Irish Agricultural Organisation Society
- Type: Agricultural cooperative Producer cooperative
- Industry: Agriculture, home industry
- Founded: 1894
- Successor: Irish Co-operative Organisation Society
- Headquarters: 84 Merrion Square, Dublin, United Kingdom of Great Britain and Ireland
- Area served: Ireland
- Key people: Sir Horace Plunkett (Founder) Lord Monteagle (President) Thomas A. Finlay (Vice-President) Robert A. Anderson (Secretary) George William Russell (Assistant Secretary) PJ Hannon (Assistant Secretary)
- Services: Farming advice, business expertise and financial assistance
- Members: Over 100,000 in 1914

= Irish Agricultural Organisation Society =

Cooperative promoter, credit provider

The Irish Agricultural Organisation Society (IAOS) was an agricultural association in Ireland which advocated, and helped to organise, agricultural cooperativism, including mutual credit facilities. From its establishment by Sir Horace Plunkett in 1894, it quickly became an important element of the Irish economy and laid the foundations of the successful Irish dairy industry.

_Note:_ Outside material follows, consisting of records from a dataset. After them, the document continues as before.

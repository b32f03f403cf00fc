-- ===== src/Cache/Store.antt =====
-- What a change of one entry leaves of the cache: the parts that `writeBlock` and `cacheBlocks` of
-- client_src/cache.cpp share.
use net_fs.Prelude.{
  ℕ, suc, List, [], ◌∷◌, ◌++◌, Option, none, some, str_eq, str_eq_iff, nat_eq, string_eq, Bool,
  if◌then◌else◌, find, put, at-find, find-put, ok, ◌≡◌, refl, ◌∙◌, arith, Bool-cases, inl, inr,
}
use net_fs.Cache.Entry.{CacheEntry, empty_entry}
use net_fs.Cache.Contents.{IsBlock, empty_entry-IsBlock}
use net_fs.Cache.State.{FileAttr, FileCache, Cache}
use net_fs.Cache.Blocks.{set_file, set_entry, new_entry}
use net_fs.Cache.Valid.{IsValid, find_entry, same_place, use_of, replaced-IsValid, added-IsValid}

-- A file's size, mode, times and stale mark.
unfoldable pub file_facts : Cache → List ℕ → Option (FileAttr × Bool)
file_facts c f = elim (find f c.file_map) [ none ↦ none | some fc ↦ some (fc.attr, fc.stale) ]

pub find_entry-file :
    (c : Cache) (f : List ℕ) (b : ℕ) (fc : FileCache)
    → find f c.file_map ≡ some fc
    → find_entry c f b ≡ find b fc.entries
unfolding find_entry
find_entry-file c f b fc h = ground arith

-- What changes in the cache when one entry of a file is put in place.
pub record Stored (c c' : Cache) (f : List ℕ) (b : ℕ) (e : CacheEntry) : Type 0 where
  pub valid : IsValid c'
  pub same_size : c'.block_size ≡ c.block_size
  pub same_facts : (g : List ℕ) → file_facts c' g ≡ file_facts c g
  pub now :
      (g : List ℕ) (k : ℕ)
      → find_entry c' g k ≡ (if same_place f b g k then some e else find_entry c g k)

module _ (c : Cache) (f : List ℕ) (b : ℕ) (fc : FileCache) (e : CacheEntry)
    (known : find f c.file_map ≡ some fc) where
  abbrev put_entry : FileCache
  put_entry = record fc { entries = put b e fc.entries }

  put_entry-find_entry :
      (c' : Cache)
      → c'.file_map ≡ put f put_entry c.file_map
      → (g : List ℕ) (k : ℕ)
      → find_entry c' g k ≡ (if same_place f b g k then some e else find_entry c g k)
  unfolding find_entry
  put_entry-find_entry c' h g k =
      let at_file = find-put f g put_entry c.file_map in
      let at_block = find-put b k e fc.entries in
      elim (Bool-cases (str_eq f g)) [
        | inl same ↦
            let ef : f ≡ g = (str_eq_iff f g).0 same in
            let known' : find g c.file_map ≡ some fc = rw (← ef) known in
            ground (arith, at_file, at_block, known', h)
        | inr other ↦ ground (arith, at_file, h)
      ]

  put_entry-file_facts :
      (c' : Cache)
      → c'.file_map ≡ put f put_entry c.file_map
      → (g : List ℕ) → file_facts c' g ≡ file_facts c g
  unfolding file_facts
  put_entry-file_facts c' h g =
      let at_file = find-put f g put_entry c.file_map in
      elim (Bool-cases (str_eq f g)) [
        | inl same ↦
            let ef : f ≡ g = (str_eq_iff f g).0 same in
            let known' : find g c.file_map ≡ some fc = rw (← ef) known in
            ground (arith, at_file, known', h)
        | inr other ↦ ground (arith, at_file, h)
      ]

-- An entry of the cache, changed.
pub set_entry-Stored :
    (c : Cache) (f : List ℕ) (b : ℕ) (fc : FileCache) (e e' : CacheEntry)
    → IsValid c
    → find f c.file_map ≡ some fc
    → find b fc.entries ≡ some e
    → IsBlock c.block_size e'
    → e'.use_record ≡ e.use_record
    → (c' : Cache) × (set_entry f b e' c ≡ ok c') × Stored c c' f b e'
unfolding set_entry
set_entry-Stored c f b fc e e' v known there block kept =
    let c' : Cache = set_file f (record fc { entries = put b e' fc.entries }) c in
    let now = put_entry-find_entry c f b fc e' known c' refl in
    (
      c',
      rw (at-find f c.file_map known) refl,
      record {
        valid =
            replaced-IsValid c c' f b e e' v (find_entry-file c f b fc known ∙ there) refl refl refl
              now block kept;
        same_size = refl;
        same_facts = put_entry-file_facts c f b fc e' known c' refl;
        now = now;
      },
    )

-- A new entry, with its record at the end of the usage list.
pub new_entry-Stored :
    (c : Cache) (f : List ℕ) (b : ℕ) (fc : FileCache)
    → IsValid c
    → find f c.file_map ≡ some fc
    → find b fc.entries ≡ none
    → (c' : Cache) × (new_entry f b c ≡ ok (empty_entry c.block_size c.next_node, c'))
      × Stored c c' f b (empty_entry c.block_size c.next_node)
unfolding new_entry
new_entry-Stored c f b fc v known absent =
    let e : CacheEntry = empty_entry c.block_size c.next_node in
    let c' : Cache = record c {
      file_map = put f (record fc { entries = put b e fc.entries }) c.file_map;
      recent_list = c.recent_list ++ use_of f b c.next_node ∷ [];
      next_node = suc c.next_node;
    } in
    let now = put_entry-find_entry c f b fc e known c' refl in
    (
      c',
      rw (at-find f c.file_map known, absent) refl,
      record {
        valid =
            added-IsValid c c' f b e v (find_entry-file c f b fc known ∙ absent) refl refl refl now
              (empty_entry-IsBlock c.block_size c.next_node) refl;
        same_size = refl;
        same_facts = put_entry-file_facts c f b fc e known c' refl;
        now = now;
      },
    )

Although officially apolitical, the IAOS became associated with the Irish Home Rule movement and Irish nationalist activity from the early 20th century. It was later reorganised, and renamed as the Irish Co-operative Organisation Society Limited, a body which continues to operate in Ireland.

==Foundation==
The Irish Agricultural Organisation Society (IAOS) was founded in 1894 by Sir Horace Plunkett, an Anglo-Irish politician with a keen interest in agriculture and rural affairs. He had established a cooperative on his family estate at Dunsany as early as 1878. Other key figures involved in setting up the IAOS included Plunkett's personal friends Thomas A. Finlay and Thomas Spring Rice, 2nd Baron Monteagle of Brandon, whose Mount Trenchard House home provided an early venue for meetings. Plunkett and the other founders were motivated by a desire to "regenerate" Irish farmers materially and morally. Plunkett had witnessed at first-hand the success of agricultural cooperatives in the United States of America, and desired to establish a more productive business-like approach to farming in Ireland, taking account of Scandinavian models of co-operation. In addition, he saw co-operativism as an answer to the growing conflict between Roman Catholic and Protestant rural communities. As Plunkett recalled in his 1908 pamphlet The Rural Life Problem of the United States:
Our message to Irish farmers was that they must imitate the methods of their Continental competitors, who were defeating them in their own markets simply by superior organisation. After five years of individual propagandism, the Irish Agricultural Organisation Society was formed in 1894 to meet the demand for instruction as to the formation and the working of cooperative societies, a demand to which it was beyond the means of the few pioneers to respond.
The new rural enterprises were administered by a democratically elected committee upon which "the best businessmen in the community" sat, whether "landlord or tenant, Protestant or Roman Catholic, Unionist or Nationalist". IAOS activists believed that the application of cooperative principles offered a solution to problems of rural life and addressed social anxieties prevalent in the Irish countryside.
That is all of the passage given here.